Here is another example. Let $p$ be an odd prime and $m$ squarefree, $p\nmid m$. Let $K=\Q(\sqrt{m})$. We have
\[\ringofintegersof{K}/p\ringofintegersof{K}\cong\Z[\sqrt{m}]/p\Z[\sqrt{m}]\]
because $p\neq 2$. Note that this is isomorphic to
\[\Z[\sqrt{m}]/p\Z[\sqrt{m}]\cong \Z[T]/(T^2-m,p)\cong \F_p[T]/(T^2-m).\]
If $\legendre{m}{p}=-1$, then $\F_p[T]/(T^2-m)$ is a field and $(p)$ is maximal.

If $\legendre{m}{p}=1$, then $\F_p[T]/(T^2-m)\cong\F_p[T]/(T-a)(T-b)\cong\F_p\times\F_p$, and $(p)=(p,a-\sqrt{m})(p,b-\sqrt{m})$.
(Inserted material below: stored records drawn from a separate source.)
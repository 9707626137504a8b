-- ===== src/Gateway/Service/Starting/Guarded.antt =====
-- What stands between a request to start or to retry a run and the starter.
use kkode.Prelude.{◌≡◌, refl, Option, none, some, Result, ok, err, Bool-cases, inl, inr, ◌⊎◌}
use kkode.Strings.{Text, is_empty}
use kkode.Gateway.Runs.{Run, StartRequest}
use kkode.Gateway.Requests.Validation.{RequestError, validate_run_start_request}
use kkode.Gateway.Requests.Accepted.{IsAccepted, validate_run_start_request_iff}
use kkode.Gateway.Service.Starting.{
  Boundary, Reply, refused, replayed, started, identified, key_of, find_idempotent_run, prepared,
  preflight, start_run, retry_request, retry_run, Starter, after_preflight, after_search,
  after_bounds, after_starter, retry_preflight, retry_bounds, retry_found, retry_configured,
}

-- The state is as before, and no run was started; or it is what the starter makes of it from a
-- request that is accepted and passes the validator.
pub record IsHandedOver {S : Type 0} (b : Boundary S) (s after : S) : Type 0 where
  pub start : StartRequest → S → Result Text Run × S
  pub request : StartRequest
  pub configured : b.starter ≡ some start
  pub accepted : IsAccepted request
  pub passes : preflight b request s ≡ ok tt
  pub state : after ≡ (start request s).1

abbrev pub IsStarted : Reply → Type 0
IsStarted (refused e) = ⊥
IsStarted (replayed r) = ⊥
IsStarted (started r) = Unit {0}

abbrev pub IsGuarded : {S : Type 0} → Boundary S → S → Reply × S → Type 0
IsGuarded b s (r, after) = ((after ≡ s) × (IsStarted r → ⊥)) ⊎ IsHandedOver b s after

IsAccepted-identified :
    (digest : Text → Text) (req : StartRequest)
    → validate_run_start_request req ≡ ok tt
    → IsAccepted (identified digest req)
unfolding identified validate_run_start_request
IsAccepted-identified digest req h = elim (Bool-cases (is_empty (key_of req))) [
  | inl e ↦ rw e ((validate_run_start_request_iff req).0 h)
  | inr e ↦ rw e ((validate_run_start_request_iff _).0 h)
]

module _ {S : Type 0} (b : Boundary S) where
  -- The starter gets the request.
  handed :
      (start : Starter b) (req : StartRequest) (s : S)
      → b.starter ≡ some start
      → IsAccepted req
      → preflight b req s ≡ ok tt
      → IsHandedOver b s (start req s).1
  handed start req s e a p = record {
    start = start;
    request = req;
    configured = e;
    accepted = a;
    passes = p;
    state = refl;
  }

  after_preflight-IsGuarded :
      (start : Starter b) (req : StartRequest) (s : S) (p : Result Text (Unit {0}))
      → b.starter ≡ some start
      → IsAccepted req
      → preflight b req s ≡ p
      → IsGuarded b s (after_preflight b start req s p)
        × IsGuarded b s (retry_preflight b start req s p)
  after_preflight-IsGuarded start req s (err f) e a p = (inl (refl, λ h. h), inl (refl, λ h. h))
  after_preflight-IsGuarded start req s (ok tt) e a p =
      (inr (handed start req s e a p), inr (handed start req s e a p))

  after_search-IsGuarded :
      (start : Starter b) (req : StartRequest) (s : S) (found : Option Run)
      → b.starter ≡ some start
      → IsAccepted req
      → IsGuarded b s (after_search b start req s found)
  unfolding after_search
  after_search-IsGuarded start req s (some existing) e a = inl (refl, λ h. h)
  after_search-IsGuarded start req s none e a =
      (after_preflight-IsGuarded start req s (preflight b req s) e a refl).0

  after_bounds-IsGuarded :
      (start : Starter b) (req : StartRequest) (s : S) (v : Result RequestError (Unit {0}))
      → b.starter ≡ some start
      → validate_run_start_request req ≡ v
      → IsGuarded b s (after_bounds b start req s v) × IsGuarded b s (retry_bounds b start req s v)
  unfolding after_bounds retry_bounds
  after_bounds-IsGuarded start req s (err f) e v = (inl (refl, λ h. h), inl (refl, λ h. h))
  after_bounds-IsGuarded start req s (ok tt) e v = (
    after_search-IsGuarded start (identified b.digest req) s (find_idempotent_run b req s) e
        (IsAccepted-identified b.digest req v),
    (after_preflight-IsGuarded start req s (preflight b req s) e
        ((validate_run_start_request_iff req).0 v) refl).1,
  )

  after_starter-IsGuarded :
      (req : StartRequest) (s : S) (o : Option (Starter b))
      → b.starter ≡ o
      → IsGuarded b s (after_starter b req s o)
  unfolding after_starter
  after_starter-IsGuarded req s none e = inl (refl, λ h. h)
  after_starter-IsGuarded req s (some start) e =
      (after_bounds-IsGuarded start req s (validate_run_start_request req) e refl).0

  retry_found-IsGuarded :
      (request_id : Text) (start : Starter b) (s : S) (found : Result Text Run)
      → b.starter ≡ some start
      → IsGuarded b s (retry_found b request_id start s found)
  unfolding retry_found
  retry_found-IsGuarded request_id start s (err f) e = inl (refl, λ h. h)
  retry_found-IsGuarded request_id start s (ok original) e =
      (after_bounds-IsGuarded start (retry_request b request_id original) s
        (validate_run_start_request (retry_request b request_id original)) e refl).1

  retry_configured-IsGuarded :
      (request_id run_id : Text) (s : S) (g : Option (Text → S → Result Text Run))
      (o : Option (Starter b))
      → b.starter ≡ o
      → IsGuarded b s (retry_configured b request_id run_id s g o)
  unfolding retry_configured
  retry_configured-IsGuarded request_id run_id s none o e = inl (refl, λ h. h)
  retry_configured-IsGuarded request_id run_id s (some get) none e = inl (refl, λ h. h)
  retry_configured-IsGuarded request_id run_id s (some get) (some start) e =
      retry_found-IsGuarded request_id start s (get run_id s) e

  -- Whatever `startRun` and `retryRun` are asked, they either leave the state as it was and answer
  -- with no new run, or hand the starter a request that is within all bounds of
  -- `validateRunStartRequest` and that the validator passes.
  pub start_run-IsGuarded :
      (request_id header run_id : Text) (req : StartRequest) (s : S)
      → IsGuarded b s (start_run b request_id header req s)
        × IsGuarded b s (retry_run b request_id run_id s)
  unfolding start_run retry_run
  start_run-IsGuarded request_id header run_id req s = (
    after_starter-IsGuarded (prepared b request_id header req) s b.starter refl,
    retry_configured-IsGuarded request_id run_id s b.getter b.starter refl,
  )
I saw a book that said class field theory was the greatest theory in number theory, and I misunderstood and thought that number theorists only studied stupid things now, because the greatest theory was already completed. But this was my misunderstanding.